Nielsen mencatat, industri ritel di Indonesia memang tengah lesu. Hingga September 2017, industri Fast Moving Consumer Good (FMCG) hanya tumbuh 2,7%, jauh lebih rendah dari rata-rata pertumbuhan tahun sebelumnya 11%.

Hasil riset Nielsen menemukan adanya penurunan daya beli masyarakat khususnya di kelas menengah ke bawah. Rata-rata penghasilan masyarakat menengah ke bawah tak banyak berubah, sementara biaya hidup terus melonjak.

Hal itu membuat masyarakat di level ini mengubah pola konsumsinya menjadi lebih irit.

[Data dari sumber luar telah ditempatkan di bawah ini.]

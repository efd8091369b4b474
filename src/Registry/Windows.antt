-- ===== src/Registry/Windows.antt =====
-- The windows that `New` accepts, the states that they make, and the health counts.
use dc_streaming_p2p.Base.{ℕ, ◌+◌, ◌≤◌, ◌<◌, ◌≡◌, Bool, true, false, [], ◌∷◌, arith, ◌↔◌, length}
use dc_streaming_p2p.Base.Map.{Map}
use dc_streaming_p2p.Base.Map.Count
use dc_streaming_p2p.Base.Int.{pos_part}
use dc_streaming_p2p.Registry.Defs.{
  Registry, Settings, Entry, Options, online, suspect, gone, new, created, state_of, Counts, count,
  count_entries, add_state, expire, empty_registry,
}
use dc_streaming_p2p.Registry.Bounds.{alive, unexpired_test, Valid, length-expire}

-- `New` builds a registry only from windows that are ordered, with room for a peer: a peer is online
-- exactly as long as it has been silent for no longer than the suspect window, which is longer than
-- its heartbeat interval; gone exactly when it has been silent for longer than the offline window,
-- which is longer still; and suspect in between.
pub new-windows :
    (opts : Options) (r : Registry) (held : Entry) (now : ℕ)
    → new opts ≡ created r
    → ((state_of r.settings held now ≡ online) ↔ (now ≤ held.last_seen + r.suspect_after))
      × ((state_of r.settings held now ≡ suspect)
          ↔ ((held.last_seen + r.suspect_after < now) × (now ≤ held.last_seen + r.offline_after)))
      × ((state_of r.settings held now ≡ gone) ↔ (held.last_seen + r.offline_after < now))
      × (r.heartbeat_interval < r.suspect_after)
      × (r.suspect_after < r.offline_after)
      × (0 < r.ceiling)
unfolding new state_of
new-windows opts r held now e = (
  (λ h. ground arith, λ h. ground arith),
  (λ h. (ground arith, ground arith), λ h. ground arith),
  (λ h. ground arith, λ h. ground arith),
  ground arith,
  ground arith,
  ground arith,
)

-- `New` accepts exactly the windows that are positive and ordered.
pub new_accepts :
    (opts : Options)
    → ((r : Registry) × (new opts ≡ created r)) ↔ (
        (0 < pos_part opts.heartbeat_interval)
        × (pos_part opts.heartbeat_interval < pos_part opts.suspect_after)
        × (pos_part opts.suspect_after < pos_part opts.offline_after))
unfolding new
new_accepts opts =
    (λ (r, e). (ground arith, ground arith, ground arith), λ h. (empty_registry opts, ground arith))

abbrev pub is_online : Settings → ℕ → Entry → Bool
is_online settings now held = elim (state_of settings held now) [
  | online ↦ true
  | suspect ↦ false
  | gone ↦ false
]

count_entries_lem :
    (settings : Settings) (now : ℕ) (m : Map Entry) (c : Counts)
    → ((count_entries settings now m c).online_count
        ≡ c.online_count + Count.count (is_online settings now) m)
      × ((count_entries settings now m c).online_count
            + (count_entries settings now m c).suspect_count
          ≡ c.online_count + c.suspect_count + Count.count (unexpired_test settings now) m)
      × ((count_entries settings now m c).total ≡ c.total)
unfolding count_entries Count.count
count_entries_lem settings now [] c = omega arith
count_entries_lem settings now ((id, held) ∷ m) c =
    ground (arith, count_entries_lem settings now m (add_state (state_of settings held now) c))

-- The health counts: `Online` is how many peers are online, `Online` and `Suspect` together are
-- those that are not past the offline window, and `Total` is what the registry holds, which is just
-- those after a sweep.
pub count_lem :
    (settings : Settings) (now : ℕ) (r : Registry)
    → Valid settings r
    → ((count now r).online_count ≡ Count.count (is_online r.settings now) r.peers)
      × ((count now r).online_count + (count now r).suspect_count ≡ alive now r)
      × ((count now r).total ≡ length r.peers)
      × ((count now (expire now r).0).total ≡ alive now r)
unfolding count
count_lem settings now r v =
    let l =
      count_entries_lem r.settings now r.peers
        (record { online_count = 0; suspect_count = 0; total = length r.peers }) in
    let k =
      count_entries_lem (expire now r).0.settings now (expire now r).0.peers
        (record { online_count = 0; suspect_count = 0; total = length (expire now r).0.peers }) in
    (
      omega (arith, l),
      omega (arith, l),
      omega (arith, l),
      omega (arith, k, length-expire settings now r v),
    )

Salah satunya kini kebanyakan masyarakat lebih senang untuk membuat makanan sendiri di rumah ketimbang membeli makanan jadi dari luar.

“Sekarang untuk keluarga belanja bahan makanan sehari-hari butuh Rp 50 ribu, sementara jika beli makanan jadi dari luar rata-rata membutuhkan Rp 100 ribu,” menurut riset Nielsen itu.

Masyarakat juga kini lebih senang untuk membuat camilan sendiri di rumah. Selain lebih higienis, mereka juga bisa lebih berhemat.

Hasil riset Nielsen juga menyebutkan masyarakat kini tak lagi belanja di malam hari, mengurangi belanja camilan.

Selain itu rata-rata masyarakat kini lebih senang membawa bekal makanan dari rumah. Lalu makan di pusat perbelanjaan kini rata-rata hanya sebulan sekali dan tak lagi antusias untuk berburu mencari tempat makan yang baru.